O’Brien lifted Max under his arm and carried her down the steps to the cockpit. He headed toward Nick’s slip, which was on the opposite side of Dave Collin’s boat.
Nick backed the St. Michael into the slip
as easy as a New York cab driver can parallel park. He cut the diesels and brought twenty tons of boat to a gentle stop.
O’Brien helped tie the boat to a second piling. Max scampered up and down the dock, her eyes darting with excitement, the tip of her small tongue showing as she panted in the morning humidity.
Nick pushed his sunglasses up on the top of his head. “Sean, you look like hell.”
“And good morning to you, too.”
“Somebody roll you? Take your money or what, man?”
“No, Nick. Nothing like that.”
“You tie one on without ol’ Nicky to join you, huh?” Nick looked at O’Brien, eyes playful, eyebrows arched and a toothpick in one corner of his mouth. He knelt down to pick up Max. “Hot dog, I miss you when I go to sea almost as much as I miss the ladies on two legs. And even when I’m here, I don’t see you enough. Tell your papa, Sean, to bring you to the docks more, yeeaah.”

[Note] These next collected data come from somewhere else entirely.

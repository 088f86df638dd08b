-- ===== src/Translate.antt =====
-- iomap.c, from `pte_format_t` on: the walk of the page tables. Memory is reached by the physical
-- accesses `read` and `write`, which work on the state `M` of all devices; a read that is refused
-- leaves the entry in the walk's buffer as it was.
pub mod Walk
pub mod Vaddr
pub mod Keeps
use space_emu.Base.{ℕ, zero, suc, ◌+◌, ◌-◌, ◌*◌, ◌/◌, ◌^◌, bit_and, bit_or, Bool, ◌&&◌, ◌||◌, ◌==◌}
use space_emu.Base.{◌!=◌, not, ltb, if◌then◌else◌}
use space_emu.Base.{List, switch, [], ◌∷◌}
use space_emu.Base.Word.{u64, ◌<<<◌, ◌>>>◌}
use space_emu.Base.Bytes.{to_bytes, from_bytes}
use space_emu.Cpu.{CpuState}
use space_emu.Device.{Reply}

-- PTE_V_MASK, PTE_R_MASK, PTE_W_MASK, PTE_X_MASK, PTE_U_MASK, PTE_A_MASK and PTE_D_MASK
abbrev pub pte_v_mask : ℕ
pte_v_mask = 2 ^ 0

abbrev pub pte_r_mask : ℕ
pte_r_mask = 2 ^ 1

abbrev pub pte_w_mask : ℕ
pte_w_mask = 2 ^ 2

abbrev pub pte_x_mask : ℕ
pte_x_mask = 2 ^ 3

abbrev pub pte_u_mask : ℕ
pte_u_mask = 2 ^ 4

abbrev pub pte_a_mask : ℕ
pte_a_mask = 2 ^ 6

abbrev pub pte_d_mask : ℕ
pte_d_mask = 2 ^ 7

-- `pte_format_t`, less `mode`, which nothing reads, and `pagesize`, which is always 4096; the
-- number of levels is that of the rounds.
pub record PteFormat : Type 0 where
  pub ppn : ℕ
  pub ptesize : ℕ
  pub ppn_width : ℕ
  pub levels : ℕ
  pub vpn : ℕ → ℕ
  pub va_offset : ℕ
  pub access : ℕ
  pub pte_ppn_mask : ℕ

-- A walk ends with -1, with an address, or at a superpage, whose mask is computed by a shift past
-- the width of the word, which C leaves undefined.
pub data Translation : Type 0 where
  fault : Translation
  undefined : Translation
  physical : ℕ → Translation

-- The U bit against the mode of the access.
unfoldable pub allows_mode : CpuState → ℕ → ℕ → Bool
allows_mode s priv pte =
    if priv == 1
    then not (bit_and pte pte_u_mask != 0 && bit_and s.mstatus (2 ^ 18) == 0)
    else bit_and pte pte_u_mask != 0

-- The access bits of an entry; MXR makes an executable page readable.
unfoldable pub access_bits : CpuState → ℕ → ℕ
access_bits s pte =
    let xwr = bit_and pte (bit_or (bit_or pte_r_mask pte_w_mask) pte_x_mask) in
    if bit_and s.mstatus (2 ^ 19) != 0 then bit_or xwr (xwr >>> 2) else xwr

-- The entry with its accessed bit and, for a write, its dirty bit.
unfoldable pub mark_entry : ℕ → ℕ → ℕ
mark_entry access pte =
    let accessed = bit_or pte pte_a_mask in
    if access == pte_w_mask then bit_or accessed pte_d_mask else accessed

unfoldable pub need_write : ℕ → ℕ → Bool
need_write access pte =
    bit_and pte pte_a_mask == 0 || (bit_and pte pte_d_mask == 0 && access == pte_w_mask)

unfoldable pub page_number : PteFormat → ℕ → ℕ
page_number ft pte = bit_and pte ft.pte_ppn_mask >>> 10

module _ {M : Type 0} (read : M → ℕ → ℕ → Reply M) (write : M → ℕ → List ℕ → Reply M)
    (s : CpuState) where
  -- A leaf at level `i`, whose entry stands at `pte_addr`.
  unfoldable pub leaf : PteFormat → ℕ → ℕ → M → ℕ → ℕ → M × Translation
  leaf ft priv i m pte_addr pte =
      let marked = mark_entry ft.access pte in
      let m' =
        if need_write ft.access pte
        then (write m pte_addr (to_bytes ft.ptesize marked)).state
        else m in
      if not (allows_mode s priv pte)
      then (m, fault)
      else if bit_and (access_bits s pte) ft.access == 0
      then (m, fault)
      else if i != 0
      then if bit_and (page_number ft marked) (2 ^ (ft.ppn_width * i) - 1) != 0
        then (m', fault)
        else (m', undefined)
      else (m', physical (bit_or (u64 (page_number ft marked <<< 12)) ft.va_offset))

  -- The entry after a read of its bytes over the old ones.
  unfoldable pub load_entry : PteFormat → ℕ → Reply M → ℕ
  load_entry ft pte r =
      if r.ok then pte / 256 ^ ft.ptesize * 256 ^ ft.ptesize + from_bytes r.bytes else pte

  -- The loop, with the levels left, the table's page and the buffer of the entry.
  unfoldable pub walk : PteFormat → ℕ → ℕ → M → ℕ → ℕ → M × Translation
  walk ft priv zero m base pte = (m, fault)
  walk ft priv (suc i) m base pte =
      let pte_addr = u64 (base * 4096 + ft.vpn i * ft.ptesize) in
      let r = read m pte_addr ft.ptesize in
      let pte' = load_entry ft pte r in
      let next = walk ft priv i r.state (page_number ft pte') pte' in
      if bit_and pte' pte_v_mask == 0
      then (r.state, fault)
      else if bit_and pte' pte_r_mask == 0 && bit_and pte' pte_x_mask == 0
      then next
      else leaf ft priv i r.state pte_addr pte'

  unfoldable pub translate_action : PteFormat → ℕ → M → M × Translation
  unfolding walk
  translate_action ft priv m = walk ft priv ft.levels m ft.ppn 0

  -- Bits `9 n + 12` and on of an address, for the 64-bit modes.
  unfoldable pub sv_format : ℕ → ℕ → ℕ → ℕ → PteFormat
  sv_format levels ppn inst access = record {
    ppn = ppn;
    ptesize = 8;
    ppn_width = 9;
    levels = levels;
    vpn = λ n. bit_and (inst >>> (12 + 9 * n)) 0x1ff;
    va_offset = bit_and inst 0xfff;
    access = access;
    pte_ppn_mask = u64 ((2 ^ 64 - 1) >>> 10 <<< 20) >>> 10;
  }

  unfoldable pub sv32_format : ℕ → ℕ → ℕ → PteFormat
  sv32_format ppn inst access = record {
    ppn = ppn;
    ptesize = 4;
    ppn_width = 10;
    levels = 2;
    vpn = λ n. bit_and (inst >>> (12 + 10 * n)) 0x3ff;
    va_offset = bit_and inst 0xfff;
    access = access;
    pte_ppn_mask = (2 ^ 32 - 1) >>> 10 <<< 10;
  }

  -- The mode whose rights count: with MPRV, that of MPP, but not for a fetch.
  unfoldable pub effective_priv : ℕ → ℕ
  effective_priv access =
      if bit_and s.mstatus (2 ^ 17) != 0 && access != pte_x_mask
      then bit_and (s.mstatus >>> 11) 3
      else s.priv

  unfoldable pub address_translate : ℕ → ℕ → M → M × Translation
  unfolding switch effective_priv translate_action sv_format sv32_format
  address_translate inst access m =
      let priv = effective_priv access in
      let ppn = bit_and s.satp (2 ^ 44 - 1) in
      if priv == 3
      then (m, physical (if ltb s.xlen 64 then bit_and inst (2 ^ s.xlen - 1) else inst))
      else switch (bit_and (s.satp >>> 60) 0xf)
          ((0, (m, physical inst))
            ∷ (1, translate_action (sv32_format ppn inst access) priv m)
            ∷ (8, translate_action (sv_format 3 ppn inst access) priv m)
            ∷ (9, translate_action (sv_format 4 ppn inst access) priv m)
            ∷ [])
          (m, fault)
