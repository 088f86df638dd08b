-- ===== src/Translate/Vaddr.antt =====
-- iomap.c: reads, writes and fetches at virtual addresses, `read_vaddr`, `write_vaddr` and
-- `code_vaddr`. The three differ in the access they translate for, in the exceptions they record
-- and in the physical access, so one loop serves them; its rounds are one more than the size,
-- and every round but the last takes at least a byte.
pub mod Answer
pub mod Rounds
use space_emu.Base.{ℕ, zero, suc, ◌+◌, ◌-◌, ◌^◌, bit_and, Bool, true, false, leb, ◌==◌}
use space_emu.Base.{if◌then◌else◌}
use space_emu.Base.{List, [], ◌∷◌, ◌++◌, some}
use space_emu.Base.Word.{add64}
use space_emu.Base.Bytes.{length}
use space_emu.Cpu.{CpuState}
use space_emu.Device.{Reply}
use space_emu.Translate.{Translation, fault, undefined, physical, address_translate, pte_r_mask}
use space_emu.Translate.{pte_w_mask, pte_x_mask}

-- CAUSE_FAULT_FETCH, CAUSE_FAULT_LOAD, CAUSE_FAULT_STORE and the page faults
abbrev pub cause_fault_fetch : ℕ
cause_fault_fetch = 1

abbrev pub cause_fault_load : ℕ
cause_fault_load = 5

abbrev pub cause_fault_store : ℕ
cause_fault_store = 7

abbrev pub cause_fetch_page_fault : ℕ
cause_fetch_page_fault = 12

abbrev pub cause_load_page_fault : ℕ
cause_load_page_fault = 13

abbrev pub cause_store_page_fault : ℕ
cause_store_page_fault = 15

-- The processor, the devices, the bytes read, and whether the access returned a size; `defined`
-- is false after a translation that C leaves undefined.
pub record Access (M : Type 0) : Type 0 where
  pub cpu : CpuState
  pub memory : M
  pub bytes : List ℕ
  pub ok : Bool
  pub defined : Bool

-- The exception that a refused access leaves for the instruction to raise.
unfoldable pub record_fault : CpuState → ℕ → ℕ → CpuState
record_fault s tval cause = record s { pending_tval = tval; pending_exception = some cause }

-- The bytes from `offset` on, `n` of them.
abbrev pub drop : ℕ → List ℕ → List ℕ
drop zero xs = xs
drop (suc n) [] = []
drop (suc n) (x ∷ xs) = drop n xs

abbrev pub take : ℕ → List ℕ → List ℕ
take zero xs = []
take (suc n) [] = []
take (suc n) (x ∷ xs) = x ∷ take n xs

module _ {M : Type 0} (translate : CpuState → ℕ → M → M × Translation)
    (bus : M → ℕ → ℕ → ℕ → Reply M) (fault_cause page_cause : ℕ) where
  -- A physical access of `size` bytes that ends the call.
  unfoldable pub last_part : CpuState → ℕ → Reply M → ℕ → Access M
  unfolding record_fault
  last_part s vaddress r cause = record {
    cpu = if r.ok then s else record_fault s vaddress cause;
    memory = r.state;
    bytes = r.bytes;
    ok = r.ok;
    defined = true;
  }

  -- What follows the recursive call: a fault of it is recorded again, as a page fault at the
  -- address it started from.
  unfoldable pub join_parts : List ℕ → ℕ → Access M → Access M
  unfolding record_fault
  join_parts bytes vaddress a = record {
    cpu = if a.ok then a.cpu else record_fault a.cpu vaddress page_cause;
    memory = a.memory;
    bytes = bytes ++ a.bytes;
    ok = a.ok;
    defined = a.defined;
  }

  -- `offset` bytes are done. The loop has no round 0.
  unfoldable pub vaddr_loop : ℕ → CpuState → M → ℕ → ℕ → ℕ → Access M
  unfolding last_part join_parts record_fault
  vaddr_loop zero s m vaddress offset size = record {
    cpu = s;
    memory = m;
    bytes = [];
    ok = false;
    defined = false;
  }
  vaddr_loop (suc left) s m vaddress offset size =
      let (m', translation) = translate s vaddress m in
      let in_page = 2 ^ 12 - bit_and vaddress (2 ^ 12 - 1) in
      elim translation [
        | fault ↦ record {
          cpu = record_fault s vaddress page_cause;
          memory = m';
          bytes = [];
          ok = false;
          defined = true;
        }
        | undefined ↦ record { cpu = s; memory = m'; bytes = []; ok = false; defined = false }
        | physical p ↦
            let part = bus m' p offset in_page in
            let rest =
              vaddr_loop left s part.state (add64 vaddress in_page) (offset + in_page)
                (size - in_page) in
            if p == vaddress
            then last_part s vaddress (bus m' p offset size) fault_cause
            else if leb size in_page
            then last_part s vaddress (bus m' p offset size) page_cause
            else if part.ok
            then join_parts part.bytes (add64 vaddress in_page) rest
            else last_part s vaddress part page_cause
      ]

module _ {M : Type 0} (read : M → ℕ → ℕ → Reply M) (write : M → ℕ → List ℕ → Reply M) where
  unfoldable pub read_vaddr : CpuState → M → ℕ → ℕ → Access M
  read_vaddr s m vaddress size =
      vaddr_loop (λ s' va. address_translate read write s' va pte_r_mask)
        (λ m' p offset n. read m' p n) cause_fault_load cause_load_page_fault (size + 1) s m
        vaddress 0 size

  unfoldable pub write_vaddr : CpuState → M → ℕ → List ℕ → Access M
  write_vaddr s m vaddress src =
      vaddr_loop (λ s' va. address_translate read write s' va pte_w_mask)
        (λ m' p offset n. write m' p (take n (drop offset src))) cause_fault_store
        cause_store_page_fault (length src + 1) s m vaddress 0 (length src)

  unfoldable pub code_vaddr : CpuState → M → ℕ → ℕ → Access M
  code_vaddr s m vaddress size =
      vaddr_loop (λ s' va. address_translate read write s' va pte_x_mask)
        (λ m' p offset n. read m' p n) cause_fault_fetch cause_fetch_page_fault (size + 1) s m
        vaddress 0 size
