-- ===== src/Board/Ram.antt =====
-- The RAM of the board, through the translation, the table and the bounds checks.
use space_emu.Base.{ℕ, zero, suc, ◌+◌, ◌-◌, ◌<◌, ◌≤◌, ◌^◌, ◌≡◌, refl, arith, bit_and, true, List}
use space_emu.Base.{[], ◌∷◌, some, inl, inr, ap, ◌∙◌, ◌==◌}
use space_emu.Base.Bytes.{length}
use space_emu.Board.{Board, State, in_ram, items, low_item, ram_item, clint_item, htif_item}
use space_emu.Board.{plic_item, settled, board_read, board_write}
use space_emu.Cpu.{CpuState}
use space_emu.Device.{Reply}
use space_emu.Iomap.{find_item, read_bytes, write_bytes}
use space_emu.Iomap.Dispatch.{find_item-Among}
use space_emu.Iomap.Table.{IsTable}
use space_emu.Memory.{memory_size, ram_base_addr}
use space_emu.Memory.Safety.{memory_write-in_bounds, memory_read-in_bounds, read_at, write_at}
use space_emu.Translate.{Translation, address_translate, effective_priv, physical, pte_r_mask}
use space_emu.Translate.{pte_w_mask}
use space_emu.Translate.Vaddr.{take, drop, cause_fault_store, cause_store_page_fault}
use space_emu.Translate.Vaddr.{cause_fault_load, cause_load_page_fault, read_vaddr, write_vaddr}
use space_emu.Translate.Vaddr.{vaddr_loop, last_part}

take_all : (xs : List ℕ) → take (length xs) xs ≡ xs
take_all [] = refl
take_all (x ∷ xs) = ap (λ ys. x ∷ ys) (take_all xs)

module _ (ctz32 : ℕ → ℕ) (real : ℕ → ℕ) where
  items-IsTable : IsTable (items ctz32 real)
  unfolding items low_item ram_item clint_item htif_item plic_item
  items-IsTable = (
    (omega arith, omega arith),
    (inl (omega arith), (inl (omega arith), (inl (omega arith), (inl (omega arith), tt)))),
    (
      (omega arith, omega arith),
      (inr (omega arith), (inr (omega arith), (inr (omega arith), tt))),
      (
        (omega arith, omega arith),
        (inl (omega arith), (inl (omega arith), tt)),
        ((omega arith, omega arith), (inl (omega arith), tt), ((omega arith, omega arith), tt, tt)),
      ),
    ),
  )

  find_ram :
      (address n : ℕ)
      → ram_base_addr ≤ address
      → address + n < ram_base_addr + memory_size
      → find_item (items ctz32 real) address n ≡ some (ram_item ctz32 real)
  unfolding items ram_item
  find_ram address n low high =
      find_item-Among (items ctz32 real) (ram_item ctz32 real) address n items-IsTable
        (inr (inl refl)) (omega arith) low high

  pub board_write_ram :
      (x : State) (address : ℕ) (src : List ℕ)
      → ram_base_addr ≤ address
      → address + length src < ram_base_addr + memory_size
      → board_write ctz32 real x address src ≡ record {
        state = (x.0, record (x.1) { ram = write_at x.1.ram (address - ram_base_addr) src });
        bytes = [];
        ok = true;
      }
  unfolding board_write write_bytes in_ram settled
  board_write_ram x address src low high =
      let stored =
        memory_write-in_bounds ram_base_addr memory_size (omega arith) x.1.ram address src low
          high in
      rw (find_ram address (length src) low high, write_bytes) (unfold ram_item in rw stored refl)

  pub board_read_ram :
      (x : State) (address n : ℕ)
      → ram_base_addr ≤ address
      → address + n < ram_base_addr + memory_size
      → board_read ctz32 real x address n
        ≡ record { state = x; bytes = read_at x.1.ram n (address - ram_base_addr); ok = true }
  unfolding board_read read_bytes in_ram settled
  board_read_ram x address n low high =
      let loaded =
        memory_read-in_bounds ram_base_addr memory_size (omega arith) x.1.ram address n low high in
      rw (find_ram address n low high, read_bytes) (unfold ram_item in rw loaded refl)

-- In machine mode at 64 bits, with the rights of that mode for loads and stores too.
pub record IsBare (s : CpuState) : Type 0 where
  pub machine : s.priv ≡ 3
  pub own_rights : bit_and s.mstatus (2 ^ 17) ≡ 0
  pub wide : s.xlen ≡ 64

address_translate-bare :
    {M : Type 0} (read : M → ℕ → ℕ → Reply M) (write : M → ℕ → List ℕ → Reply M) (s : CpuState)
    (address access : ℕ) (m : M)
    → IsBare s
    → address_translate read write s address access m ≡ (m, physical address)
unfolding address_translate effective_priv
address_translate-bare read write s address access m b =
    ground (arith, b.machine, b.own_rights, b.wide)

-- An access at an address that is its own translation is one physical access.
vaddr_loop-direct :
    {M : Type 0} (translate : CpuState → ℕ → M → M × Translation) (bus : M → ℕ → ℕ → ℕ → Reply M)
    (fault_cause page_cause left : ℕ) (s : CpuState) (m : M) (address size : ℕ) (r : Reply M)
    → 0 < left
    → translate s address m ≡ (m, physical address)
    → bus m address 0 size ≡ r
    → r.ok ≡ true
    → vaddr_loop translate bus fault_cause page_cause left s m address 0 size
      ≡ record { cpu = s; memory = r.state; bytes = r.bytes; ok = true; defined = true }
unfolding vaddr_loop last_part
vaddr_loop-direct translate bus fault_cause page_cause zero s m address size r pos e answer ok =
    absurd (omega arith)
vaddr_loop-direct translate bus fault_cause page_cause (suc left) s m address size r pos e answer
      ok =
    let same : (address == address) ≡ true = ground arith in
    let unchanged : (translate s address m).0 ≡ m = ap (λ t. t.0) e in
    let direct : (translate s address m).1 ≡ physical address = ap (λ t. t.1) e in
    rw (direct, vaddr_loop) (rw (same, unchanged, answer, ok) refl)

module _ (ctz32 : ℕ → ℕ) (real : ℕ → ℕ) where
  pub write_ram :
      (s : CpuState) (m : Board) (address : ℕ) (src : List ℕ)
      → IsBare s
      → ram_base_addr ≤ address
      → address + length src < ram_base_addr + memory_size
      → write_vaddr (board_read ctz32 real) (board_write ctz32 real) s (s, m) address src ≡ record {
        cpu = s;
        memory = (s, record m { ram = write_at m.ram (address - ram_base_addr) src });
        bytes = [];
        ok = true;
        defined = true;
      }
  unfolding write_vaddr
  write_ram s m address src b low high =
      vaddr_loop-direct
        (λ s' va.
          address_translate (board_read ctz32 real) (board_write ctz32 real) s' va pte_w_mask)
        (λ m' p offset n. board_write ctz32 real m' p (take n (drop offset src))) cause_fault_store
        cause_store_page_fault (length src + 1) s (s, m) address (length src) _ (omega arith)
        (address_translate-bare (board_read ctz32 real) (board_write ctz32 real) s address
          pte_w_mask (s, m) b)
        (ap (board_write ctz32 real (s, m) address) (take_all src)
          ∙ board_write_ram ctz32 real (s, m) address src low high)
        refl

  pub read_ram :
      (s : CpuState) (m : Board) (address n : ℕ)
      → IsBare s
      → ram_base_addr ≤ address
      → address + n < ram_base_addr + memory_size
      → read_vaddr (board_read ctz32 real) (board_write ctz32 real) s (s, m) address n ≡ record {
        cpu = s;
        memory = (s, m);
        bytes = read_at m.ram n (address - ram_base_addr);
        ok = true;
        defined = true;
      }
  unfolding read_vaddr
  read_ram s m address n b low high =
      vaddr_loop-direct
        (λ s' va.
          address_translate (board_read ctz32 real) (board_write ctz32 real) s' va pte_r_mask)
        (λ m' p offset size. board_read ctz32 real m' p size) cause_fault_load cause_load_page_fault
        (n + 1) s (s, m) address n _ (omega arith)
        (address_translate-bare (board_read ctz32 real) (board_write ctz32 real) s address
          pte_r_mask (s, m) b)
        (board_read_ram ctz32 real (s, m) address n low high) refl
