-- ===== src/Instr.antt =====
-- instructions.c: `decode_inst`, one instruction of the processor. Memory and the devices are
-- reached by the physical accesses `read` and `write`; their state beside the processor's is `M`,
-- and since the devices keep the processor's state by a pointer, an access takes and returns both.
pub mod Fields
pub mod Control
pub mod LoadStore
pub mod Amo
pub mod System
pub mod Compressed
pub mod Float
pub mod Decode
pub mod Loop
pub mod Keeps
pub mod Sound
pub mod Precise
pub mod Signs
pub mod Immediates
use space_emu.Base.{ℕ, ◌==◌, if◌then◌else◌}
use space_emu.Base.{Option, none, some, List}
use space_emu.Base.Bytes.{to_bytes, from_bytes}
use space_emu.Cpu.{CpuState}
use space_emu.Device.{Reply}
use space_emu.Translate.Vaddr.{Access, read_vaddr, write_vaddr}

-- Where a case of the `switch` goes: by `break` to `pc += 4`, to C_NEXT_INSN, to DONE_INTERP or
-- JUMP, to ERROR_PROCESS, or to MMU_EXCEPTION or Exception. After a translation that C leaves
-- undefined nothing is said any more.
pub data Next : Type 0 where
  next_inst : Next
  next_c_inst : Next
  jump : Next
  error_process : Next
  exception : Next
  undefined : Next

pub record Result (M : Type 0) : Type 0 where
  pub cpu : CpuState
  pub memory : M
  pub next : Next

abbrev pub result : {M : Type 0} → Next → CpuState → M → Result M
result next s m = record { cpu = s; memory = m; next = next }

abbrev pub illegal : {M : Type 0} → CpuState → M → Result M
illegal s m = result error_process s m

-- `cpu_state.regs[r] = value`, and the same under `if (r != 0)`.
unfoldable pub set_reg : CpuState → ℕ → ℕ → CpuState
set_reg s r value = record s { regs = λ i. if i == r then value else s.regs i }

unfoldable pub write_reg : CpuState → ℕ → ℕ → CpuState
write_reg s r value = if r == 0 then s else set_reg s r value

-- A value that the instruction stores in its destination, if it has one; `none` is the jump to
-- ERROR_PROCESS.
unfoldable pub store_value : {M : Type 0} → Next → ℕ → CpuState → M → Option ℕ → Result M
store_value next rd s m none = illegal s m
store_value next rd s m (some value) = result next (write_reg s rd value) m

-- What an access at a virtual address leaves of the processor: the devices' part of it is with the
-- memory, and the access records an exception besides.
unfoldable pub settle : {M : Type 0} → Access (CpuState × M) → CpuState
settle a = record (a.memory.0) {
  pending_exception = a.cpu.pending_exception;
  pending_tval = a.cpu.pending_tval;
}

-- After an access: MMU_EXCEPTION if it was refused, and else what follows.
unfoldable pub after_access :
    {M : Type 0} → Access (CpuState × M) → (CpuState → M → List ℕ → Result M) → Result M
unfolding settle
after_access a then_run =
    if a.ok
    then then_run (settle a) a.memory.1 a.bytes
    else if a.defined
    then result exception (settle a) a.memory.1
    else result undefined (settle a) a.memory.1

module _ {M : Type 0} (read : CpuState × M → ℕ → ℕ → Reply (CpuState × M))
    (write : CpuState × M → ℕ → List ℕ → Reply (CpuState × M)) where
  -- A read of `size` bytes into a local variable.
  unfoldable pub load : CpuState → M → ℕ → ℕ → (CpuState → M → ℕ → Result M) → Result M
  unfolding after_access
  load s m addr size then_run =
      after_access (read_vaddr read write s (s, m) addr size)
        (λ s' m' bytes. then_run s' m' (from_bytes bytes))

  -- A write of the `size` low bytes of a variable or a register.
  unfoldable pub store : CpuState → M → ℕ → ℕ → ℕ → (CpuState → M → Result M) → Result M
  unfolding after_access
  store s m addr size value then_run =
      after_access (write_vaddr read write s (s, m) addr (to_bytes size value))
        (λ s' m' bytes. then_run s' m')
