-- ===== src/Instr/Fields.antt =====
-- The fields of an instruction word, as `decode_inst` cuts them out. An immediate is the 64-bit
-- pattern of its int32_t.
use space_emu.Base.{ℕ, bit_and, bit_or}
use space_emu.Base.Word.{◌<<<◌, ◌>>>◌}
use space_emu.Alu.Helpers.{sra, sext32}

infixl 60 ◌|||◌
-- `a | b`
abbrev pub ◌|||◌ : ℕ → ℕ → ℕ
a ||| b = bit_or a b

-- `((int32_t)a << k) >> k`
unfoldable pub extend : ℕ → ℕ → ℕ
extend k a = sra (sext32 (a <<< k)) k

abbrev pub opcode : ℕ → ℕ
opcode inst = bit_and inst 0x7f

abbrev pub rd : ℕ → ℕ
rd inst = bit_and (inst >>> 7) 0x1f

abbrev pub funct3 : ℕ → ℕ
funct3 inst = bit_and (inst >>> 12) 0x7

abbrev pub rs1 : ℕ → ℕ
rs1 inst = bit_and (inst >>> 15) 0x1f

abbrev pub rs2 : ℕ → ℕ
rs2 inst = bit_and (inst >>> 20) 0x1f

abbrev pub funct7 : ℕ → ℕ
funct7 inst = bit_and (inst >>> 25) 0x7f

unfoldable pub imm_i : ℕ → ℕ
imm_i inst = sra (sext32 inst) 20

unfoldable pub imm_s : ℕ → ℕ
imm_s inst = extend 20 (rd inst ||| bit_and (inst >>> 20) 0xfe0)

unfoldable pub imm_b : ℕ → ℕ
imm_b inst = extend 19 (
    bit_and (inst >>> 7) 0x1e
    ||| bit_and (inst >>> 20) 0x7e0
    ||| bit_and (inst <<< 4) 0x800
    ||| bit_and (inst >>> 19) 0x1000)

unfoldable pub imm_u : ℕ → ℕ
imm_u inst = sext32 (bit_and inst 0xfffff000)

unfoldable pub imm_j : ℕ → ℕ
imm_j inst = extend 11 (
    bit_and (inst >>> 20) 0x7fe
    ||| bit_and (inst >>> 9) 0x800
    ||| bit_and inst 0xff000
    ||| bit_and (inst >>> 11) 0x100000)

Max wagged her tail and licked Nick’s salt and pepper stubble. “I pick you up now ‘cause I know you won’t pee on me. Sean, remember that time I held hot dog up
over my head? We were on your boat, I did a Greek dance with her and she peed all the way down my arm.”
“And if you don’t want a repeat, don’t pick her up. She hasn’t hit the grass yet.”
Nick laughed. “She made me jump in the bay. I didn’t know what’s cleaner—the marina or little Max’s pee pee.” He sat Max back on the dock. “Let’s eat. You couldn’t have no breakfast lookin’ the way you do.”